Records to process -
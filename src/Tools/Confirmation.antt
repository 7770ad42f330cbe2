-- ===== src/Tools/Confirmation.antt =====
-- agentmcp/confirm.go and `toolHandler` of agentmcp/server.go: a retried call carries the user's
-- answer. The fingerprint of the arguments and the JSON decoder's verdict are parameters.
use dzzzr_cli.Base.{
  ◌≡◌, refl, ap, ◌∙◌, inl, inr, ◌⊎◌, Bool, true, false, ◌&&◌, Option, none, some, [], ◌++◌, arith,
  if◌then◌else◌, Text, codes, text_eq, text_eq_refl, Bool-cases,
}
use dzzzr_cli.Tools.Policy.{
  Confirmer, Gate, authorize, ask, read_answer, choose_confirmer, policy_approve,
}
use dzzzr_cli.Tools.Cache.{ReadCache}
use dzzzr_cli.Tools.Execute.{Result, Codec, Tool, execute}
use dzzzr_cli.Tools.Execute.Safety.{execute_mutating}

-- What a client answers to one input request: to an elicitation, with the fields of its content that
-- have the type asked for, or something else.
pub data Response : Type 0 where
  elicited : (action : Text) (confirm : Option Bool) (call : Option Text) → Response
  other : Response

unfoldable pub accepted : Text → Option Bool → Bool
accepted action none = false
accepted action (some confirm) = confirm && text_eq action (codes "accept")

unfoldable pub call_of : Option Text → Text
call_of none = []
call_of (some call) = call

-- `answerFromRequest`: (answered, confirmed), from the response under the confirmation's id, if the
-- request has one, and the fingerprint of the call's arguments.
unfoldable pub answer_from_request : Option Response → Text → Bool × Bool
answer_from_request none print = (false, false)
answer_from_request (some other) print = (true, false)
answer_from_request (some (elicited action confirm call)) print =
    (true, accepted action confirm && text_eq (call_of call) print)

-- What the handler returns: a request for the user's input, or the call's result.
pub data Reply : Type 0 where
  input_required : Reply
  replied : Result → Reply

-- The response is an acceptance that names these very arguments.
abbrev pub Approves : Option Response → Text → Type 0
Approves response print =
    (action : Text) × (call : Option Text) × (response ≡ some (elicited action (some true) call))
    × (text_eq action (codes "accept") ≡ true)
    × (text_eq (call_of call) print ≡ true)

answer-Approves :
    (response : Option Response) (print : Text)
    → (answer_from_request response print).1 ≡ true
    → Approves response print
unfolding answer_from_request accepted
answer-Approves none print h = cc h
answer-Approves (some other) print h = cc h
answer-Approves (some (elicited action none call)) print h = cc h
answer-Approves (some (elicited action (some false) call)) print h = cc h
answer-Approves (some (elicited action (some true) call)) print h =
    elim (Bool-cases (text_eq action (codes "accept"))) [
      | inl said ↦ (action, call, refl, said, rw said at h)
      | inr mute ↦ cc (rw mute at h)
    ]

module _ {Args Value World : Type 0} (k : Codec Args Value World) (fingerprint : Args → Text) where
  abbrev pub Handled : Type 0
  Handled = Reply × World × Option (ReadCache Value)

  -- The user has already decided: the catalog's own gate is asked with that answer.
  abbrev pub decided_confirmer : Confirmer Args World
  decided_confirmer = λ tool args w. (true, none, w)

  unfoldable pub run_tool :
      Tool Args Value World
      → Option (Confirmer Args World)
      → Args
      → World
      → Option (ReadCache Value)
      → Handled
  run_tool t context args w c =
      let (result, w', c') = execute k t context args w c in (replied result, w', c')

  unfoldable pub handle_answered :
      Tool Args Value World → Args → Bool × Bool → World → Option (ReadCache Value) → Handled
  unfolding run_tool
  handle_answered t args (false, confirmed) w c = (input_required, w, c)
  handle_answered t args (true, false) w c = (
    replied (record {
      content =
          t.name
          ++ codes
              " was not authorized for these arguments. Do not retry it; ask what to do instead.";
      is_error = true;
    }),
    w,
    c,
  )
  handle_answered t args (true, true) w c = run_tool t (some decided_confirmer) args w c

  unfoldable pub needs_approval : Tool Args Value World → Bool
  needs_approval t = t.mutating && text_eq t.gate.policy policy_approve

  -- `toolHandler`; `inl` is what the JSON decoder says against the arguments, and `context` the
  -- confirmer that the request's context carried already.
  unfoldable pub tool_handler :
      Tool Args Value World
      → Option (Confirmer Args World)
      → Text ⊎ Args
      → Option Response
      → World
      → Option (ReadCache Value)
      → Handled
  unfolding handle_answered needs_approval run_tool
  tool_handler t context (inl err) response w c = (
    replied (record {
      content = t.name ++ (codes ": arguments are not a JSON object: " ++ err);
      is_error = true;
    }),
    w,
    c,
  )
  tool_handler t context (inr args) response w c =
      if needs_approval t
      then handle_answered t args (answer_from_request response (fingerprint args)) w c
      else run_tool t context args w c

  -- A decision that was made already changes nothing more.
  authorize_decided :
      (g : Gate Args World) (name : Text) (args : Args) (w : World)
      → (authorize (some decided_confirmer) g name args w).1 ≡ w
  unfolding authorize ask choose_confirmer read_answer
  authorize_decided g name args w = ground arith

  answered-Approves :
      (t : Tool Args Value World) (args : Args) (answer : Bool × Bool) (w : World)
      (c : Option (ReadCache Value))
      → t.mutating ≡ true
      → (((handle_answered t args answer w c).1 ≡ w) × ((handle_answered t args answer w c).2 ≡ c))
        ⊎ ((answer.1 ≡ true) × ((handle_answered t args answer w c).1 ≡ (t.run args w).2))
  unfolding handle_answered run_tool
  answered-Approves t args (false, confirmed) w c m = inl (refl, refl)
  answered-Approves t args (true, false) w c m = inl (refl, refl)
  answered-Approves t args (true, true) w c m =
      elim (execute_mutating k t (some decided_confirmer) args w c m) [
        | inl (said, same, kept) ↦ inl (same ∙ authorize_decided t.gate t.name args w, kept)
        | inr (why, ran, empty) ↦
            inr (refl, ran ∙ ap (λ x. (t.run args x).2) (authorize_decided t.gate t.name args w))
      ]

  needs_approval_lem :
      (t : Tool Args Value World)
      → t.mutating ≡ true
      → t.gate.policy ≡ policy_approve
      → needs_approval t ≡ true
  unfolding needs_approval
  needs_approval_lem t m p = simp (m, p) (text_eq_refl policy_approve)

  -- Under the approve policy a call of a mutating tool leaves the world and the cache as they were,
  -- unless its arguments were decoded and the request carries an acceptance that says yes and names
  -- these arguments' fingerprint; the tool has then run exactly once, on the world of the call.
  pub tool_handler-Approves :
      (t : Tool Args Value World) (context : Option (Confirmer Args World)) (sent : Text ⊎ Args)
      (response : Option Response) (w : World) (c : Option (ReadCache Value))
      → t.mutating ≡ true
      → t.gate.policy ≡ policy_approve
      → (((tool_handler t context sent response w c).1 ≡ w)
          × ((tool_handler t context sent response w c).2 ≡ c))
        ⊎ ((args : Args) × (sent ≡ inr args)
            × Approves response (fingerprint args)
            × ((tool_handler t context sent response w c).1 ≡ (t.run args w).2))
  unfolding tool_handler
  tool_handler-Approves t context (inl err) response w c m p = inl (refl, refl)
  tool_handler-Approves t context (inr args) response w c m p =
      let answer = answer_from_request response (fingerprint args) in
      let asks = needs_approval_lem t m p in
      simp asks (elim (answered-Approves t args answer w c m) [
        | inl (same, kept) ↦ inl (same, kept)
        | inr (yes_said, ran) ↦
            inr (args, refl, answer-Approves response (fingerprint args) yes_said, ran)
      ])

---

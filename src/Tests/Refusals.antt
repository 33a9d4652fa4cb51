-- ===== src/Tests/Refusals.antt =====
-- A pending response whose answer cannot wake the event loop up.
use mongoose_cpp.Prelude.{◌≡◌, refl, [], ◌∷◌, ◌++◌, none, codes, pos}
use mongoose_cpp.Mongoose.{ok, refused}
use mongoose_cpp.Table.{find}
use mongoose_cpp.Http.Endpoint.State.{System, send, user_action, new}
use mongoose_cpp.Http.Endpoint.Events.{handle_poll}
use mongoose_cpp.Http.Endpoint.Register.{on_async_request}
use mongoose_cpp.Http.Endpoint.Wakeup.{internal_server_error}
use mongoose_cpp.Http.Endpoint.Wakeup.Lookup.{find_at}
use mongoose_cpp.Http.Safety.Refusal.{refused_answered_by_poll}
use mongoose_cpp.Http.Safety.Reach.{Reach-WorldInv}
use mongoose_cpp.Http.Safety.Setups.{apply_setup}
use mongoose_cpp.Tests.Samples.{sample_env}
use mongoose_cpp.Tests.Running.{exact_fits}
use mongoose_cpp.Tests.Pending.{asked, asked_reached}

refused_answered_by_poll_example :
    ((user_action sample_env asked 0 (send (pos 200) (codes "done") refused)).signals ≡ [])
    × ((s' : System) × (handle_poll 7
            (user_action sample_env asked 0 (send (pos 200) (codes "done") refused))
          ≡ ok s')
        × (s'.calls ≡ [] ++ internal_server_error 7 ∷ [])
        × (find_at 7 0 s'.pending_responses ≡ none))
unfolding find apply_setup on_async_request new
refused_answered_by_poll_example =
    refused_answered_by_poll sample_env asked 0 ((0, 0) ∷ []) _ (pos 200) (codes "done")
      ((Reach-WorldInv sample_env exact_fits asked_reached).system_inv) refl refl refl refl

...

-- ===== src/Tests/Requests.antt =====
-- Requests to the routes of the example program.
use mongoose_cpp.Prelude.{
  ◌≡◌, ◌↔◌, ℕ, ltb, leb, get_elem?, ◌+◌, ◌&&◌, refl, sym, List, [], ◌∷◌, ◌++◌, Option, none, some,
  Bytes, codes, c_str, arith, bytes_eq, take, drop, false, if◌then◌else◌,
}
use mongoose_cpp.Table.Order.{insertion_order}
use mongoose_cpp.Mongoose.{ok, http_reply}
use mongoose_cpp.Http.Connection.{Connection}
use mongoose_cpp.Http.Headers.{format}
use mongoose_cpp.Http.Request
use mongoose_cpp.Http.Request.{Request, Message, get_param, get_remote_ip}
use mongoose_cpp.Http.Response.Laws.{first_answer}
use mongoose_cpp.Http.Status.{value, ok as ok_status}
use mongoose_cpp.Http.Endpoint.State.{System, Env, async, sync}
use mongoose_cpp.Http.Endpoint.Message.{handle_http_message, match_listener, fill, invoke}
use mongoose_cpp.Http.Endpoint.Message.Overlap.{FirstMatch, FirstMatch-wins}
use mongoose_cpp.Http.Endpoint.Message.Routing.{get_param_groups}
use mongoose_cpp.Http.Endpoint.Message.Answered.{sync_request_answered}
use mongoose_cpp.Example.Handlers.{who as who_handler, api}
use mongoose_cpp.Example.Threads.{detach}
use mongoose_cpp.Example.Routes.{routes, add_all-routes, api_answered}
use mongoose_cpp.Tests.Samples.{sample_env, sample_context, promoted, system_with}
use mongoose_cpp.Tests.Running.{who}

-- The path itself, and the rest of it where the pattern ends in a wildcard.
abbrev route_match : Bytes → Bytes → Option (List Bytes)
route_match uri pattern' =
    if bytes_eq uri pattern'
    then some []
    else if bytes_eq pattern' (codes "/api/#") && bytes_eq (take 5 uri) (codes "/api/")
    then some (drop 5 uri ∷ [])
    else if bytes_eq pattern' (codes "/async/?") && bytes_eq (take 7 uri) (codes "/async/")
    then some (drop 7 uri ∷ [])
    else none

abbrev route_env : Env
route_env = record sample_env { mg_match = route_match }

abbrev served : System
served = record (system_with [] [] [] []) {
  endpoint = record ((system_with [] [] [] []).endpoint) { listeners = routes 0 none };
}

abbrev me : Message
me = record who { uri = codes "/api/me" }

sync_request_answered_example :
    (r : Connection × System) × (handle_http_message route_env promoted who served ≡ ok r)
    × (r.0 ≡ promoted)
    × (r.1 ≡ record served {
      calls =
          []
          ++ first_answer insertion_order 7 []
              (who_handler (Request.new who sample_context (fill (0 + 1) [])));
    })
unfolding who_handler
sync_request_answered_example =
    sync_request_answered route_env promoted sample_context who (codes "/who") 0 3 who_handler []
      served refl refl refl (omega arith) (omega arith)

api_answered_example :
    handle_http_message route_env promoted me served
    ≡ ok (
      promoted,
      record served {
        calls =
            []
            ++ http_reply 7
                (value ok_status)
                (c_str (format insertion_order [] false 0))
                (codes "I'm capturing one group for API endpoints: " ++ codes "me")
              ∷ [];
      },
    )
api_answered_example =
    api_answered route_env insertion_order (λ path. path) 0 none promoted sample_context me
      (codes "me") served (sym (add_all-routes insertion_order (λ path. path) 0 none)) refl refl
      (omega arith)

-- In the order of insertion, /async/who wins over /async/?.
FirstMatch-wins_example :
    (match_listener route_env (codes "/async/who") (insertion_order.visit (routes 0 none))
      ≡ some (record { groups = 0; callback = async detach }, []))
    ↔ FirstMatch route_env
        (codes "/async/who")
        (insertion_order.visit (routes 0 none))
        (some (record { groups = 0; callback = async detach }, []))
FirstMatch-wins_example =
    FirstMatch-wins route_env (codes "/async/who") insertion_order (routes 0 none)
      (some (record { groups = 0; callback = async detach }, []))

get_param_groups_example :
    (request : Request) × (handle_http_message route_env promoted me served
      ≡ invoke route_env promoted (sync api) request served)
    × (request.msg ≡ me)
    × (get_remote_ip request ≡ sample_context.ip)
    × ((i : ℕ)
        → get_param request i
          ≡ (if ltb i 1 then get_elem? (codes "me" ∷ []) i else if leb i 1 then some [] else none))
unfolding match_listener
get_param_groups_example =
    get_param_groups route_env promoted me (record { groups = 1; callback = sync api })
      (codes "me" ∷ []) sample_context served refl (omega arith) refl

What needs to be done - Above are some records; copy each line there that contains "Bool".

Task answer -
  ◌≡◌, refl, ap, ◌∙◌, inl, inr, ◌⊎◌, Bool, true, false, ◌&&◌, Option, none, some, [], ◌++◌, arith,
  if◌then◌else◌, Text, codes, text_eq, text_eq_refl, Bool-cases,
  elicited : (action : Text) (confirm : Option Bool) (call : Option Text) → Response
unfoldable pub accepted : Text → Option Bool → Bool
unfoldable pub answer_from_request : Option Response → Text → Bool × Bool
    elim (Bool-cases (text_eq action (codes "accept"))) [
      Tool Args Value World → Args → Bool × Bool → World → Option (ReadCache Value) → Handled
  unfoldable pub needs_approval : Tool Args Value World → Bool
      (t : Tool Args Value World) (args : Args) (answer : Bool × Bool) (w : World)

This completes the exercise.